Dino saur
The winning submission from the Buzz’s first ever campus-wide fiction contest, 2021 Written by Melissa Boberg
June was always cold. When she was the first student to arrive for Astronomy 101 on her first day of college, she hardly even questioned where she would sit. Naturally, there was the crusade of her anxious mind against her mobile body, and the whirlwind of temporally unextended paralysis as she stood in the doorway, bracing herself as she was penetrated by a forceful procession of seconds. Otherwise, it was simple. She chose the left of two desks paired in the back right corner of the room because they were the farthest from the window. Her body, trained to feel warm in whatever situation was the least cold, was relieved. When June realized the legs of the desk she had chosen were uneven, she considered moving seats. She decided instead to sit with intentional stillness so as not to make noise. When Menna sat next to June, June instinctively assumed that Menna had a crush on her. It was not that June was trying to be presumptuous. It was just that Menna walked around everyday wearing collared tee shirts, with a ring pierced through the septum of her nose, so what did she want people to think? What was surprising about Menna was how quickly she became June’s friend. June had lived enough life to learn that friendship required careful preservation, so she never mentioned anything about her original diagnosis of Menna as a lesbian. In exchange, Menna never mentioned anything about sex. Initially, June had assumed that this meant Menna was a virgin or a prude or something. Then, Menna had shown up to class one day with a faint red bruise on her neck. June was keen enough to recognize what that meant. Nonetheless, she took no issue in following suit. Mutually maintained silences were nothing new to her. They were practically her craft. Plus, June liked sex, but she did not love it.
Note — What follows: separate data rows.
-- ===== src/Api/Amounts/Shows.antt =====
-- What `format_token_amount` (crates/http-api/src/support.rs) prints stands for the raw amount over
-- the power of ten of the token's decimals.
use explorer_backend.Base.{
  ==_iff, Bool, Bool-cases, Text, [], all, ap, arith, codes, drop, false, if◌then◌else◌, inl, inr,
  is_empty, is_whitespace, leb, leb→le, length, length-append, length-drop, length-replicate, none,
  refl, replicate, suc, sym, take, take-append-drop, text_beq, text_beq_iff, trim, trim_end_if,
  trim_start_if, true, zero, ℕ, ◌&&◌, ◌*◌, ◌++◌, ◌+◌, ◌-◌, ◌<◌, ◌==◌, ◌^◌, ◌||◌, ◌∙◌, ◌∷◌, ◌≡◌, ◌≤◌,
  nat_eq,
}
use explorer_backend.Api.{is_digit}
use explorer_backend.Api.Amounts.{
  after_minus, format_digits, format_signed, format_token_amount, is_zero, trim_zeros, with_point,
}

-- The number that digits stand for.
abbrev pub number_from : ℕ → Text → ℕ
number_from acc [] = acc
number_from acc (c ∷ s) = number_from (acc * 10 + (c - b'0')) s

abbrev pub number : Text → ℕ
number s = number_from 0 s

number_from_lem : (acc : ℕ) (s : Text) → number_from acc s ≡ acc * 10 ^ length s + number s
number_from_lem acc [] = omega arith
number_from_lem acc (c ∷ s) =
    number_from_lem (acc * 10 + (c - b'0')) s
    ∙ shift acc (c - b'0') (10 ^ length s) (number s)
    ∙ ap (λ n. acc * n + (0 * 10 + (c - b'0')) * 10 ^ length s + number s) (power (length s))
    ∙ regroup (acc * 10 ^ suc (length s)) _ _
    ∙ ap (λ n. acc * 10 ^ suc (length s) + n) (sym (number_from_lem (0 * 10 + (c - b'0')) s))
  where
    shift : (a v p n : ℕ) → (a * 10 + v) * p + n ≡ a * (10 * p) + (0 * 10 + v) * p + n
    shift a v p n = grind arith

    power : (k : ℕ) → 10 * 10 ^ k ≡ 10 ^ suc k
    power k = omega arith

    regroup : (a b c : ℕ) → a + b + c ≡ a + (b + c)
    regroup a b c = omega arith

number-append : (s t : Text) → number (s ++ t) ≡ number s * 10 ^ length t + number t
number-append s t = split s 0 t ∙ number_from_lem (number s) t
  where
    split :
        (s : Text) (acc : ℕ) (t : Text)
        → number_from acc (s ++ t) ≡ number_from (number_from acc s) t
    split [] acc t = refl
    split (c ∷ s) acc t = split s (acc * 10 + (c - b'0')) t

number-zeros : (k : ℕ) → number (replicate k b'0') ≡ 0
number-zeros zero = refl
number-zeros (suc k) = number-zeros k

abbrev pub ends_in_zero : Text → Bool
ends_in_zero [] = false
ends_in_zero (c ∷ []) = c == b'0'
ends_in_zero (c ∷ d ∷ s) = ends_in_zero (d ∷ s)

-- Trimming takes off zeros only, and all of them.
record Trims (s t : Text) : Type 0 where
  zeros : ℕ
  padded : s ≡ t ++ replicate zeros b'0'
  clean : ends_in_zero t ≡ false

trim_step :
    (c : ℕ) (s t : Text) → Trims s t → Trims (c ∷ s) (if is_empty t && is_zero c then [] else c ∷ t)
trim_step c s [] h = elim (Bool-cases (is_zero c)) [
  | inl zero_here ↦ rw zero_here (record {
    zeros = suc h.zeros;
    padded =
        ap (λ xs. c ∷ xs) h.padded
        ∙ ap (λ x. x ∷ replicate h.zeros b'0') ((==_iff c b'0').0 zero_here);
    clean = refl;
  })
  | inr other_digit ↦
      rw other_digit
        (record { zeros = h.zeros; padded = ap (λ xs. c ∷ xs) h.padded; clean = other_digit })
]
trim_step c s (d ∷ t) h = record {
  zeros = h.zeros;
  padded = ap (λ xs. c ∷ xs) h.padded;
  clean = h.clean;
}

trim_zeros-Trims : (s : Text) → Trims s (trim_zeros s)
unfolding trim_zeros trim_end_if
trim_zeros-Trims [] = record { zeros = 0; padded = refl; clean = refl }
trim_zeros-Trims (c ∷ s) = trim_step c s (trim_zeros s) (trim_zeros-Trims s)

-- A printed amount: its whole part, and after a point, if it is not empty, a decimal part without
-- zeros at its end, which together stand for the raw amount over the power of ten.
pub record Shows (digits : Text) (token_decimals : ℕ) (shown : Text) : Type 0 where
  pub whole : Text
  pub decimal_part : Text
  pub written : shown ≡ (if is_empty decimal_part then whole else whole ++ b'.' ∷ decimal_part)
  pub some_whole : is_empty whole ≡ false
  pub short : length decimal_part ≤ token_decimals
  pub clean : ends_in_zero decimal_part ≡ false
  pub same_number :
      number whole * 10 ^ token_decimals
        + number decimal_part * 10 ^ (token_decimals - length decimal_part)
      ≡ number digits

decimals :
    (rest cut : Text) (d zeros : ℕ)
    → rest ≡ cut ++ replicate zeros b'0'
    → length cut + zeros ≡ d
    → number cut * 10 ^ (d - length cut) ≡ number rest
decimals rest cut d zeros padded lengths =
    ap (λ k. number cut * 10 ^ k) (left d (length cut) zeros lengths)
    ∙ nothing_more _
    ∙ ap (λ n. number cut * 10 ^ zeros + n) (sym (number-zeros zeros))
    ∙ ap (λ k. number cut * 10 ^ k + number (replicate zeros b'0'))
        (sym (length-replicate {A = ℕ} zeros b'0'))
    ∙ sym (number-append cut (replicate zeros b'0'))
    ∙ ap number (sym padded)
  where
    left : (d c z : ℕ) → c + z ≡ d → d - c ≡ z
    left d c z e = omega arith

    nothing_more : (n : ℕ) → n ≡ n + 0
    nothing_more n = omega arith

-- Digits split where the decimals start, the second part as long as the decimals.
split-Shows :
    (digits whole rest : Text) (token_decimals : ℕ)
    → is_empty whole ≡ false
    → length rest ≡ token_decimals
    → number digits ≡ number whole * 10 ^ token_decimals + number rest
    → Shows digits token_decimals (with_point whole (trim_zeros rest))
unfolding with_point
split-Shows digits whole rest token_decimals not_empty long e =
    let t = trim_zeros-Trims rest in
    let cut = trim_zeros rest in
    let lengths : length cut + t.zeros ≡ token_decimals = omega (
      arith,
      length-append cut (replicate t.zeros b'0'),
      length-replicate {A = ℕ} t.zeros b'0',
      ap length t.padded,
      long,
    ) in
    record {
      whole = whole;
      decimal_part = cut;
      written = refl;
      some_whole = not_empty;
      short = omega (arith, lengths);
      clean = t.clean;
      same_number =
          ap (λ n. number whole * 10 ^ token_decimals + n)
            (decimals rest cut token_decimals t.zeros t.padded lengths)
          ∙ sym e;
    }

zeros_first : (k : ℕ) (s : Text) → number (replicate k b'0' ++ s) ≡ number s
zeros_first k s =
    number-append (replicate k b'0') s
    ∙ ap (λ n. n * 10 ^ length s + number s) (number-zeros k)
    ∙ nothing_before (10 ^ length s) (number s)
  where
    nothing_before : (p n : ℕ) → 0 * p + n ≡ n
    nothing_before p n = omega arith

take-not_empty : (n : ℕ) (s : Text) → 0 < n → is_empty s ≡ false → is_empty (take n s) ≡ false
take-not_empty zero s h e = absurd (omega arith)
take-not_empty (suc n) [] h e = e
take-not_empty (suc n) (c ∷ s) h e = refl

cut_length : (s : Text) (d : ℕ) → d < length s → length (drop (length s - d) s) ≡ d
cut_length s d h = omega (arith, length-drop (length s - d) s)

format_digits-Shows :
    (digits : Text) (token_decimals : ℕ)
    → is_empty digits ≡ false
    → Shows digits token_decimals (format_digits digits token_decimals)
unfolding format_digits
format_digits-Shows digits d some_digit = elim (Bool-cases (leb (length digits) d)) [
  | inl small ↦ rw small (
      split-Shows digits (codes "0") (replicate (d - length digits) b'0' ++ digits) d refl
        (omega (
          arith,
          leb→le (length digits) d small,
          length-append (replicate (d - length digits) b'0') digits,
          length-replicate {A = ℕ} (d - length digits) b'0',
        ))
        (omega (arith, zeros_first (d - length digits) digits)))
  | inr large ↦ rw large (
      split-Shows digits (take (length digits - d) digits) (drop (length digits - d) digits) d
        (take-not_empty (length digits - d) digits (omega (arith, le_of large)) some_digit)
        (omega (arith, length-drop (length digits - d) digits, le_of large))
        (ap number (sym (take-append-drop (length digits - d) digits))
          ∙ number-append (take (length digits - d) digits) (drop (length digits - d) digits)
          ∙ ap
              (λ k.
                number (take (length digits - d) digits) * 10 ^ k
                + number (drop (length digits - d) digits))
              (cut_length digits d (le_of large))))
]
  where
    le_of : leb (length digits) d ≡ false → d < length digits
    le_of e = ground arith

-- A digit is no white space, so trimming leaves digits, and digits after a minus, as they are.
digit-is_whitespace : (c : ℕ) → is_digit c ≡ true → is_whitespace c ≡ false
unfolding is_whitespace
digit-is_whitespace c e = ground arith

trim_end-digits : (s : Text) → all is_digit s ≡ true → trim_end_if is_whitespace s ≡ s
unfolding trim_end_if
trim_end-digits [] e = refl
trim_end-digits (c ∷ s) e =
    rw (trim_end-digits s (ground (arith, e)), digit-is_whitespace c (ground (arith, e)))
      (no_cut (is_empty s) (c ∷ s))
  where
    no_cut : (b : Bool) (t : Text) → (if b && false then [] else t) ≡ t
    no_cut true t = refl
    no_cut false t = refl

trim-digits : (s : Text) → all is_digit s ≡ true → trim s ≡ s
unfolding trim trim_start_if
trim-digits [] e = trim_end-digits [] e
trim-digits (c ∷ s) e = rw (digit-is_whitespace c (ground (arith, e))) (trim_end-digits (c ∷ s) e)

trim-minus : (s : Text) → all is_digit s ≡ true → trim (b'-' ∷ s) ≡ b'-' ∷ s
unfolding trim trim_start_if trim_end_if is_whitespace
trim-minus s e = rw (trim_end-digits s e) (no_cut (is_empty s) (b'-' ∷ s))
  where
    no_cut : (b : Bool) (t : Text) → (if b && false then [] else t) ≡ t
    no_cut true t = refl
    no_cut false t = refl

after_minus-digits : (s : Text) → all is_digit s ≡ true → after_minus s ≡ none
unfolding after_minus
after_minus-digits [] e = refl
after_minus-digits (c ∷ s) e = ground (arith, e)

-- The text as it is, where there is nothing to divide.
plain-Shows :
    (digits : Text) (d : ℕ)
    → is_empty digits ≡ false
    → (text_beq digits (codes "0") || (d == 0)) ≡ true
    → Shows digits d digits
plain-Shows digits d some_digit e = record {
  whole = digits;
  decimal_part = [];
  written = refl;
  some_whole = some_digit;
  short = omega arith;
  clean = refl;
  same_number = elim (Bool-cases (d == 0)) [
    | inl none_left ↦ rw ((==_iff d 0).0 none_left) (omega arith)
    | inr more ↦ rw ((text_beq_iff digits (codes "0")).0 (ground (arith, e, more))) (omega arith)
  ];
}

negative_amount :
    (digits : Text) (d : ℕ)
    → 0 < d
    → all is_digit digits ≡ true
    → format_token_amount (b'-' ∷ digits) d ≡ (
        if text_beq (format_digits digits d) (codes "0")
        then format_digits digits d
        else b'-' ∷ format_digits digits d)
unfolding format_token_amount format_signed after_minus
negative_amount digits d more e = rw (trim-minus digits e, not_zero d more, e) refl
  where
    not_zero : (n : ℕ) → 0 < n → (n == 0) ≡ false
    not_zero n h = ground arith

-- Any digits are printed, for any number of decimals, as an amount that stands for them. After a
-- minus, with some decimals, the same amount is printed with the minus, which a zero loses.
pub format_token_amount-Shows :
    (digits : Text) (token_decimals : ℕ)
    → is_empty digits ≡ false
    → all is_digit digits ≡ true
    → Shows digits token_decimals (format_token_amount digits token_decimals)
      × (0 < token_decimals
          → (amount : Text) × Shows digits token_decimals amount
            × (format_token_amount (b'-' ∷ digits) token_decimals
                ≡ (if text_beq amount (codes "0") then amount else b'-' ∷ amount)))
unfolding format_token_amount
format_token_amount-Shows digits d some_digit e = (
  rw (trim-digits digits e) (elim (Bool-cases (text_beq digits (codes "0") || (d == 0))) [
    | inl plain ↦ rw plain (plain-Shows digits d some_digit plain)
    | inr shifted ↦
        rw (shifted, after_minus-digits digits e, e) (format_digits-Shows digits d some_digit)
  ]),
  λ more. (
    format_digits digits d,
    format_digits-Shows digits d some_digit,
    negative_amount digits d more e,
  ),
)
Anytime she talked about it with her other friends, the conversation consisted mostly of embellishments, and the truths she told always ventured off into lies. Selective silence was a better alternative, a method by which June and Menna never had to lie to each other. When Victor and Will sat in the two desks directly behind her and June, Menna thought nothing of it. Meanwhile, June was trying to determine which of the two boys had a crush on her. What was annoying about
June thinking that everyone had crushes on her was that she was not always, or even usually, wrong. It was not until Victor repeatedly struck up conversation between every line of the syllabus as the professor read it out loud that Menna realized what she was in for. She tried not to hate people, but had a hard time locating the humanity in men who never shut up. And not for nothing, she found it a bit much that Victor had to initiate every conversation by tapping on June’s shoulder. Menna felt bad for Will, who she assumed was Victor’s best friend, because he always seemed uncomfortable. Everytime the professor asked a question, Menna could tell that Will really wanted to raise his hand, but only about a third of the time did he do it. This was partly because he was visibly shy, but also because he basically sat next to a circus clown. Victor was always trying to orchestrate some grandiose distraction. Luckily for the rest of the class, Astronomy 101 was packed to the brim with college freshmen, and the professor wore on his face the years he had spent trying to lasso students into respecting him. There was nothing Victor could have done that would have interrupted the professor’s motive to plow through the material. With little in common between them, June, Menna, Victor, and Will did not talk much at first. The awareness that it was their first year of college contaminated all of their conversations with a unique pressure. It seemed like your college friends were your lifelong friends, and thus your future identity was confirmed by who you decided to hang out with. Will was especially hesitant towards the group. For one thing, he assumed that he was the only one of the four who had actually studied for the SAT. Plus, with time, he was only growing more tired of Victor’s antics. Still, deep down, he felt a certain conviction that Victor was a good guy. He knew this in the distinct way that men can recognize goodness in other men, a type of goodness invisible to women. He supposed that it was pity which tethered him to Victor, which was ironic, because Victor felt the same way about Will. Victor had charged himself with the responsibility of elevating Will beyond a life of doing homework and wearing seatbelts. Pity was sticky, like a two sided tape.